### [RECORDED INFORMATION]
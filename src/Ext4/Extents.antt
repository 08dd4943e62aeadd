-- ===== src/Ext4/Extents.antt =====
-- kernel/src/fs/ext4/ext4.c, the tree of extents: from the blocks of a file to those of the device.
pub mod Count
pub mod File
pub mod Tree
use freecore.Prelude.{
  ℕ, zero, suc, ◌+◌, ◌-◌, ◌*◌, ◌/◌, ◌%◌, ◌^◌, Bool, not, ◌&&◌, ◌==◌, ltb, leb, if◌then◌else◌,
  Option, none, some, ℤ, pos, minus_one, is_negative,
}
use freecore.Memory.{Ptr, null, word_mod}
use freecore.Ext4.Layout.{
  Buffer, copy_bytes, clear_bytes, inode, extent_header, extent_idx, extent, offset_of, size_of,
  s_feature_incompat, i_flags, i_size_lo, i_size_high, eh_magic, eh_entries, eh_depth, ei_block,
  ei_leaf_lo, ei_leaf_hi, ee_block, ee_len, ee_start_hi, ee_start_lo,
}
use freecore.Ext4.Device.{Services, Fs, ext4_read_block, join, u32_mod}

abbrev pub ext4_extent_header_magic : ℕ
ext4_extent_header_magic = 0xF30A

-- `fs->sb.s_feature_incompat & EXT4_FEATURE_INCOMPAT_EXTENTS`, bit 6
abbrev pub has_extents : Fs → Bool
has_extents fs = s_feature_incompat fs.sb / 2 ^ 6 % 2 == 1

-- `inode->i_flags & 0x80000`, bit 19
abbrev pub uses_extents : Buffer → Bool
uses_extents raw = i_flags raw / 2 ^ 19 % 2 == 1

-- `&inode->i_block`, as a place in the inode
abbrev pub root_place : ℕ
root_place = offset_of inode 12

-- `&node->index[i]` and `&node->extent[i]`, as places in the node
abbrev pub index_place : ℕ → ℕ
index_place i = size_of extent_header + i * size_of extent_idx

abbrev pub extent_place : ℕ → ℕ
extent_place i = size_of extent_header + i * size_of extent

-- `sizeof(ext4_extent_node_t)`, with four places
abbrev pub extent_node_size : ℕ
extent_node_size = size_of extent_header + 4 * size_of extent

abbrev pub file_size : Buffer → ℕ
file_size raw = join (i_size_lo raw) (i_size_high raw)

-- The child to follow, with the rounds left and the index; the last one is taken as it is.
pub find_child : Buffer → ℕ → ℕ → ℕ → ℕ
find_child node block_num zero i = i
find_child node block_num (suc rounds) i =
    let rest = find_child node block_num rounds (i + 1) in
    if ltb (i + 1) (eh_entries node 0) && leb (ei_block node (index_place (i + 1))) block_num
    then rest
    else i

-- `block_num >= ee_block && block_num < ee_block + ee_len`
abbrev pub covers : Buffer → ℕ → ℕ → Bool
covers node i block_num =
    leb (ee_block node (extent_place i)) block_num
    && ltb block_num ((ee_block node (extent_place i) + ee_len node (extent_place i)) % u32_mod)

abbrev pub block_in : Buffer → ℕ → ℕ → ℕ
block_in node i block_num =
    let start = join (ee_start_lo node (extent_place i)) (ee_start_hi node (extent_place i)) in
    (start + (block_num - ee_block node (extent_place i))) % word_mod

-- The search of a leaf, with the rounds left and the index.
pub find_extent : Buffer → ℕ → ℕ → ℕ → Option ℕ
find_extent node block_num zero i = none
find_extent node block_num (suc rounds) i =
    let rest = find_extent node block_num rounds (i + 1) in
    if covers node i block_num then some (block_in node i block_num) else rest

-- `(file_size + fs->block_size - 1) / fs->block_size`
abbrev pub blocks_of : Fs → ℕ → ℕ
blocks_of fs size = (size + fs.block_size + (word_mod - 1)) % word_mod / fs.block_size

abbrev leaf_answer : ℕ → Option ℕ → ℤ × ℕ
leaf_answer phys_block none = (minus_one, phys_block)
leaf_answer phys_block (some b) = (pos 0, b)

module _ {W : Type 0} (services : Services W) where
  -- `while (depth > 0)`: from the root in the buffer down to a leaf.
  pub descend : Fs → ℕ → ℕ → Buffer → W → (ℤ × Buffer) × W
  unfolding find_child ext4_read_block
  descend fs block_num zero node w = ((pos 0, node), w)
  descend fs block_num (suc depth) node w =
      let i = find_child node block_num (eh_entries node 0) 0 in
      let node_block = join (ei_leaf_lo node (index_place i)) (ei_leaf_hi node (index_place i)) in
      let next = ext4_read_block services fs node_block node w in
      let rest = descend fs block_num depth next.0.1 next.1 in
      if leb (eh_entries node 0) i
      then ((minus_one, node), w)
      else if is_negative next.0.0
      then next
      else if not (eh_magic next.0.1 0 == ext4_extent_header_magic)
      then ((minus_one, next.0.1), next.1)
      else rest

  -- What follows the descent: the search of the leaf, and the release of the buffer.
  abbrev pub searched : ℕ → ℕ → Ptr → (ℤ × Buffer) × W → (ℤ × ℕ) × W
  searched block_num phys_block p ((result, node), w) =
      if is_negative result then ((result, phys_block), services.kfree p w) else (
        leaf_answer phys_block (find_extent node block_num (eh_entries node 0) 0),
        services.kfree p w,
      )

  abbrev pub tree_buffered : Fs → Buffer → ℕ → ℕ → (Ptr × Buffer) × W → (ℤ × ℕ) × W
  tree_buffered fs raw block_num phys_block ((p, buffer), w) =
      let node = copy_bytes buffer 0 raw root_place extent_node_size in
      if p == null
      then ((minus_one, phys_block), w)
      else searched block_num phys_block p (descend fs block_num (eh_depth node 0) node w)

  unfoldable pub ext4_read_extent_block : Fs → Buffer → ℕ → ℕ → W → (ℤ × ℕ) × W
  ext4_read_extent_block fs raw block_num phys_block w =
      if not (has_extents fs)
      then ((minus_one, phys_block), w)
      else if not (uses_extents raw)
      then ((minus_one, phys_block), w)
      else if not (eh_magic raw root_place == ext4_extent_header_magic)
      then ((minus_one, phys_block), w)
      else tree_buffered fs raw block_num phys_block (services.kmalloc fs.block_size w)

  abbrev located : Fs → Buffer → (ℤ × ℕ) × W → (ℤ × Buffer) × W
  located fs buffer ((result, phys_block), w) =
      if is_negative result
      then ((result, buffer), w)
      else ext4_read_block services fs phys_block buffer w

  pub ext4_read_file_block : Fs → Buffer → ℕ → Buffer → W → (ℤ × Buffer) × W
  ext4_read_file_block fs raw block_num buffer w =
      if leb (blocks_of fs (file_size raw)) block_num
      then ((pos 0, clear_bytes buffer fs.block_size), w)
      else if has_extents fs
      then located fs buffer (ext4_read_extent_block fs raw block_num 0 w)
      else ((minus_one, buffer), w)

### [EXERCISE REQUIREMENTS]
Report every line from the listing above where the string "some" can be found.

### [SOLUTION]
  Option, none, some, ℤ, pos, minus_one, is_negative,
    if covers node i block_num then some (block_in node i block_num) else rest
leaf_answer phys_block (some b) = (pos 0, b)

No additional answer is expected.